§ SOURCE MATERIAL:
══════

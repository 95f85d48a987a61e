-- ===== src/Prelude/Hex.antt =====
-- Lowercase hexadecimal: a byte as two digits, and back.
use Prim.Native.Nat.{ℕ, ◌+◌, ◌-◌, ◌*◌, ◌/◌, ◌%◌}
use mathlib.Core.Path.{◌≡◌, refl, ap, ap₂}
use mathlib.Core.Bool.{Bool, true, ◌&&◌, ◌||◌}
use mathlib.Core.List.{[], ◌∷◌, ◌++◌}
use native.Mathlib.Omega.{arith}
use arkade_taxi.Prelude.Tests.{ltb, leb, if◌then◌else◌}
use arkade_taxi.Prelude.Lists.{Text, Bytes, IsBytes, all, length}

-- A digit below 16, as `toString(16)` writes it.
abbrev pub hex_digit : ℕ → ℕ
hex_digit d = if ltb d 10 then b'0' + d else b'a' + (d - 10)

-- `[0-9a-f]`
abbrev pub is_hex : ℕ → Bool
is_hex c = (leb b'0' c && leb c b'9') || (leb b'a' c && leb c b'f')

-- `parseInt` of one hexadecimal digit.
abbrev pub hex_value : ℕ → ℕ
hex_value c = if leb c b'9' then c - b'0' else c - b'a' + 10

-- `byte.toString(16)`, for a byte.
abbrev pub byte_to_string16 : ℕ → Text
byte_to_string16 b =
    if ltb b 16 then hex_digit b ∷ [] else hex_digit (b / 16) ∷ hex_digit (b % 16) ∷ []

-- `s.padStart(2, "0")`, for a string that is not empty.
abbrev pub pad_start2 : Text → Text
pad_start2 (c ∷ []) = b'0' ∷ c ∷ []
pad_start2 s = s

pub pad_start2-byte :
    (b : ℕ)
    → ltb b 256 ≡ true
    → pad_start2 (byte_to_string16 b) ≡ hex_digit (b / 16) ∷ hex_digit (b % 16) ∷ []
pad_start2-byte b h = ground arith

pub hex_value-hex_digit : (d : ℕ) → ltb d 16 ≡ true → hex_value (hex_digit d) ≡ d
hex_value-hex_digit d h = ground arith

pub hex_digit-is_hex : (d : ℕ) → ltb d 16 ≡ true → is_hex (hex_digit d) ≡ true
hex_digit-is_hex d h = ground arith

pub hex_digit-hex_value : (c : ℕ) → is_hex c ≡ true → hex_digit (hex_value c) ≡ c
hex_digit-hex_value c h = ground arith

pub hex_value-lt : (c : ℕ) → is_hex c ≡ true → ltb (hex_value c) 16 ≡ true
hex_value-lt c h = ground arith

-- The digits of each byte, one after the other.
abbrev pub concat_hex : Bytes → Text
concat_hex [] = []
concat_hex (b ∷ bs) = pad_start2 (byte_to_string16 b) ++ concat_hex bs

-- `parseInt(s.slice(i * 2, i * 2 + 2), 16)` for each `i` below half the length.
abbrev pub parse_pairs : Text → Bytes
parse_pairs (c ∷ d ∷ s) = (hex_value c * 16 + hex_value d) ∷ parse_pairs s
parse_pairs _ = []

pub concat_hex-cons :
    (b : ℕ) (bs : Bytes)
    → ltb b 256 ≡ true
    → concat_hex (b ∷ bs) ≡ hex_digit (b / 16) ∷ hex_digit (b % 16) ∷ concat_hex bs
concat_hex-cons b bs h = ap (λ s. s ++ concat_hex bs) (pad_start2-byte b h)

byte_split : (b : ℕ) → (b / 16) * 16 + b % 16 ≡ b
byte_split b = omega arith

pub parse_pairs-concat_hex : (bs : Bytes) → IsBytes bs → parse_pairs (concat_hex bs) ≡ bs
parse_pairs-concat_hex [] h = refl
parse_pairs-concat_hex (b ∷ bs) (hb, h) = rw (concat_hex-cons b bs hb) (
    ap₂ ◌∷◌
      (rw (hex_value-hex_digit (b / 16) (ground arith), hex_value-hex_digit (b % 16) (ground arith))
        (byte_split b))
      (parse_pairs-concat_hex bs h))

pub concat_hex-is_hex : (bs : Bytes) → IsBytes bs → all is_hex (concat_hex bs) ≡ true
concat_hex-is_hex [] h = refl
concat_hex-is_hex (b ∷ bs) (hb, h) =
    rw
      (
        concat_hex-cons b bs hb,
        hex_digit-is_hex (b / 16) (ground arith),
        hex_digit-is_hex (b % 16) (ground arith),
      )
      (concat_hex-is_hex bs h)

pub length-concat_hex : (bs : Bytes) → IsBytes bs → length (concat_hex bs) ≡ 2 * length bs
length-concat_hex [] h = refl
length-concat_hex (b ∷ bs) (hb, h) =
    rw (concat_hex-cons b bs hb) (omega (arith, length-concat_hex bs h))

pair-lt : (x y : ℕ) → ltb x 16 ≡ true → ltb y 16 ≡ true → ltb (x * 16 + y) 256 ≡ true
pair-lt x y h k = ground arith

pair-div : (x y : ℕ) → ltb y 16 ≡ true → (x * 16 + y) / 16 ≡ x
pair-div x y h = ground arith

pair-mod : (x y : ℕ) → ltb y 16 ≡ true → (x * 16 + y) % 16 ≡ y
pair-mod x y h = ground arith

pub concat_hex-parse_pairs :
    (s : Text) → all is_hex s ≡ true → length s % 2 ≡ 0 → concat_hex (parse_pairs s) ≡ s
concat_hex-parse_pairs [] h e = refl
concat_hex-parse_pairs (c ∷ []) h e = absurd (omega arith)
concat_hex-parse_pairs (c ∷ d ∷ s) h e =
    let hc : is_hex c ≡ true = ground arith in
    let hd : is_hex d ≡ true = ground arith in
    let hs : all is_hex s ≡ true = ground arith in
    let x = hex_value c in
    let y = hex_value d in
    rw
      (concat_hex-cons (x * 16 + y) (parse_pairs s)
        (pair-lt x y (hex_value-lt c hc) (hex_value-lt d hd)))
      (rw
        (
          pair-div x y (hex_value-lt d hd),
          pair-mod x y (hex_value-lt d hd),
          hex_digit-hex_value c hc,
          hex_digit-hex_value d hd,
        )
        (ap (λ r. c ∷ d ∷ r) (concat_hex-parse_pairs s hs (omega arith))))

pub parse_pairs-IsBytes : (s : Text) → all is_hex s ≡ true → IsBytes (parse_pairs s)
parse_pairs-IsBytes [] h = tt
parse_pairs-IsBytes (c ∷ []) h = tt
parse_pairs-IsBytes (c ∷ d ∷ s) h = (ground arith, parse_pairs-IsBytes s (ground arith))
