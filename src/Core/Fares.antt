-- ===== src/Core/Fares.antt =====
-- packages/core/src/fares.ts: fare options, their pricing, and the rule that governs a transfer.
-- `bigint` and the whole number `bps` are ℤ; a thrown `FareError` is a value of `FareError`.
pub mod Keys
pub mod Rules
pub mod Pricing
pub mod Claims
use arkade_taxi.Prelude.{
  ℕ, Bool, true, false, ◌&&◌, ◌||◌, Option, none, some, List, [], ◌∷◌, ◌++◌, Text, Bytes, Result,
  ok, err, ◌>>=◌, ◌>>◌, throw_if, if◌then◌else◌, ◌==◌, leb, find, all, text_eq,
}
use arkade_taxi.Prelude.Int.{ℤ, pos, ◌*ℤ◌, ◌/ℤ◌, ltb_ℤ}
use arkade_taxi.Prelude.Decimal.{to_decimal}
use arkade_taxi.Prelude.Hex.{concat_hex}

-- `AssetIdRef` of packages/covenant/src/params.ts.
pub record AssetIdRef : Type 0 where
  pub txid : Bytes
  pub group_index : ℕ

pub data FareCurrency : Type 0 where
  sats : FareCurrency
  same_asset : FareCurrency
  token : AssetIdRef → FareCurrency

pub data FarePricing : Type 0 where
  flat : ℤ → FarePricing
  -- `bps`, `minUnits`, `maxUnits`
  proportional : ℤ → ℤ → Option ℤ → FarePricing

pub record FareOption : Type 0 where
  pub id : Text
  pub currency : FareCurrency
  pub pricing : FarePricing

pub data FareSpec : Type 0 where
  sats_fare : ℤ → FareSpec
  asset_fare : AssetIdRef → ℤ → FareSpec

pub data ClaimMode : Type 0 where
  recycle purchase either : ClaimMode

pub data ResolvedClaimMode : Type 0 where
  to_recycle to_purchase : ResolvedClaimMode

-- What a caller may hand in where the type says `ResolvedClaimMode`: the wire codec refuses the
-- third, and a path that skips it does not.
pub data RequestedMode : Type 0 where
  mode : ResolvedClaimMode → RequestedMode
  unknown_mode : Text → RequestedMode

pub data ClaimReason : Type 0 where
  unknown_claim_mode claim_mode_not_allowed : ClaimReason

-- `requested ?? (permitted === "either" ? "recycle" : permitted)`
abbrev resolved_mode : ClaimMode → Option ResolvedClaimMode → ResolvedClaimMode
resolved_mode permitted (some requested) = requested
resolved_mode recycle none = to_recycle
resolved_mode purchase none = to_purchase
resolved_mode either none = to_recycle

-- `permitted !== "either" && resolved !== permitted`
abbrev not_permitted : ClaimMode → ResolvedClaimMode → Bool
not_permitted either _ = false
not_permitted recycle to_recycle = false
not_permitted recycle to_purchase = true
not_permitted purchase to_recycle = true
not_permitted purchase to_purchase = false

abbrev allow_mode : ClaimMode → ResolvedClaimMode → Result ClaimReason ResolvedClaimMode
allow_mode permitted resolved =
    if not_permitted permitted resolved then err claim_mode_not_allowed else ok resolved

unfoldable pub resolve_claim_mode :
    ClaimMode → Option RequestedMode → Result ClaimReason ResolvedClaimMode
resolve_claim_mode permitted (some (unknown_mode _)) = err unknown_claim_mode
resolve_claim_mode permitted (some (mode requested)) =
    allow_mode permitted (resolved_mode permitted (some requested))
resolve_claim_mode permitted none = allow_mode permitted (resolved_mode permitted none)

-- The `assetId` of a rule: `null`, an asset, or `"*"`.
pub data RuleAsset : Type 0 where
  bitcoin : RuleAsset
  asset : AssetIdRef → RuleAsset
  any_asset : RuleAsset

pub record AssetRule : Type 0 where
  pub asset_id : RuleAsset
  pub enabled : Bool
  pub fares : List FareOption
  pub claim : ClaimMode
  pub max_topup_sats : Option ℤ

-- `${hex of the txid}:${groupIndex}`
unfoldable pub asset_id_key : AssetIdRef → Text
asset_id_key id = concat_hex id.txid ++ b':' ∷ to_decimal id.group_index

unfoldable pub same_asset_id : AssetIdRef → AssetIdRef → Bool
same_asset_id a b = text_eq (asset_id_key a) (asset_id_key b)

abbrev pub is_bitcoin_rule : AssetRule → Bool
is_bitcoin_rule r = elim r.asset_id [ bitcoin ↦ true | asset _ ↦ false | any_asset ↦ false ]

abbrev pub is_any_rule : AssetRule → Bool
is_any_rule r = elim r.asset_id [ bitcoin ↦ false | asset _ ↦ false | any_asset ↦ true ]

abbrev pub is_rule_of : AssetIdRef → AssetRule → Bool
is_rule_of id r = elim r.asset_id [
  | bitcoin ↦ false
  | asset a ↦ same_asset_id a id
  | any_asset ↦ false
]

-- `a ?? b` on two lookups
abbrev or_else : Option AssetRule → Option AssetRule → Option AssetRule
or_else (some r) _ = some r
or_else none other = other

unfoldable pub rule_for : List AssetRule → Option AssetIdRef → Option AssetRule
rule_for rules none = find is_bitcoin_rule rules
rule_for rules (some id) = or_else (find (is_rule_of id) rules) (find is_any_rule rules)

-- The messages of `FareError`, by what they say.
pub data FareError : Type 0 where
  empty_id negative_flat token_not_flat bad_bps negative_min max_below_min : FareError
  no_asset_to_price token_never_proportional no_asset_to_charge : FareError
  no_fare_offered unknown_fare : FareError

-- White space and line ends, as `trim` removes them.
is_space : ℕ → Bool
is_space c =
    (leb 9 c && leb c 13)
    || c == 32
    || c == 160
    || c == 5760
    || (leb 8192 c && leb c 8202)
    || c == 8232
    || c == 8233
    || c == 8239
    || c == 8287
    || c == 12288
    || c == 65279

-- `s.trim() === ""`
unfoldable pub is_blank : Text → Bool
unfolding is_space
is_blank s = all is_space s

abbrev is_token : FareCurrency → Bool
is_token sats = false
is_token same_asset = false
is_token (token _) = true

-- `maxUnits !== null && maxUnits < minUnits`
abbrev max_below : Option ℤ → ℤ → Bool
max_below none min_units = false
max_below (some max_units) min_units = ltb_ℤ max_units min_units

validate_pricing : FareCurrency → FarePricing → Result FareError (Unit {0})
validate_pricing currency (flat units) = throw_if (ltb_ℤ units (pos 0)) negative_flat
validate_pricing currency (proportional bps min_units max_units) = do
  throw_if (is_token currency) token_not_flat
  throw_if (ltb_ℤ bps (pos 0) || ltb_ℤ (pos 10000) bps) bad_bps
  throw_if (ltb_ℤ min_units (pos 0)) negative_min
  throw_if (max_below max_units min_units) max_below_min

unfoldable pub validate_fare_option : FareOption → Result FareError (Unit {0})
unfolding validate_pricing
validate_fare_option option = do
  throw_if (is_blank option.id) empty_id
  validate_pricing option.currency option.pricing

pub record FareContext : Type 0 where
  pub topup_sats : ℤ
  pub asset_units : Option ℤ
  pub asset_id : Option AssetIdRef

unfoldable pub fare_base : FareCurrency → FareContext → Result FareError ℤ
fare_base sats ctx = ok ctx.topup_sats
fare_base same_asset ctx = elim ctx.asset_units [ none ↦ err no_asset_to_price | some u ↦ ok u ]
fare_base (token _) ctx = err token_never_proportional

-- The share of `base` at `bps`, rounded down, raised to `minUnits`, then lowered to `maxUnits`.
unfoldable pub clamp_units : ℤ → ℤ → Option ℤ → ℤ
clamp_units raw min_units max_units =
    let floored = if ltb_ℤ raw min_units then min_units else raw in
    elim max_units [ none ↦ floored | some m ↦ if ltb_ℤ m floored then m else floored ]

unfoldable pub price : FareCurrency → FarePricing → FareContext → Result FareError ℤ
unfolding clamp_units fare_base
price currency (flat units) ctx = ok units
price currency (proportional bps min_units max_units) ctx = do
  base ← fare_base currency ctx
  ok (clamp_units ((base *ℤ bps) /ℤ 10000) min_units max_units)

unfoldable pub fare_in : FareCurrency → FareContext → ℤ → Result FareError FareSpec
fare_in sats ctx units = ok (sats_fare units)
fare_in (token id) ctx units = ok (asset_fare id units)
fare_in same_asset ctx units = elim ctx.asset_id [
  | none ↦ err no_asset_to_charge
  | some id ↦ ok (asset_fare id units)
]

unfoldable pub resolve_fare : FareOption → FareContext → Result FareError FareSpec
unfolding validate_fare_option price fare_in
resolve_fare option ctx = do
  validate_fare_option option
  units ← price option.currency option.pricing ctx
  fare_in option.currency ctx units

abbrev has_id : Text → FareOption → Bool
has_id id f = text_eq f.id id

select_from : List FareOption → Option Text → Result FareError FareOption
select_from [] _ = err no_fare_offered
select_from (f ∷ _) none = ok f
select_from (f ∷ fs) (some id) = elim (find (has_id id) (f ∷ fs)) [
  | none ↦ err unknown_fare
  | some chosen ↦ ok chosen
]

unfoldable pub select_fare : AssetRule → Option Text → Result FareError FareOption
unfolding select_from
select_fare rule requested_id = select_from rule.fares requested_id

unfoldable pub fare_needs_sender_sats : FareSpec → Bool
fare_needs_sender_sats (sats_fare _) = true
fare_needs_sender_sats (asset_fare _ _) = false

══════

§ INSTRUCTIONS TO FOLLOW:
Each line above that includes "data" counts once; state the total and nothing more.

§ RESPONSE BOX:
9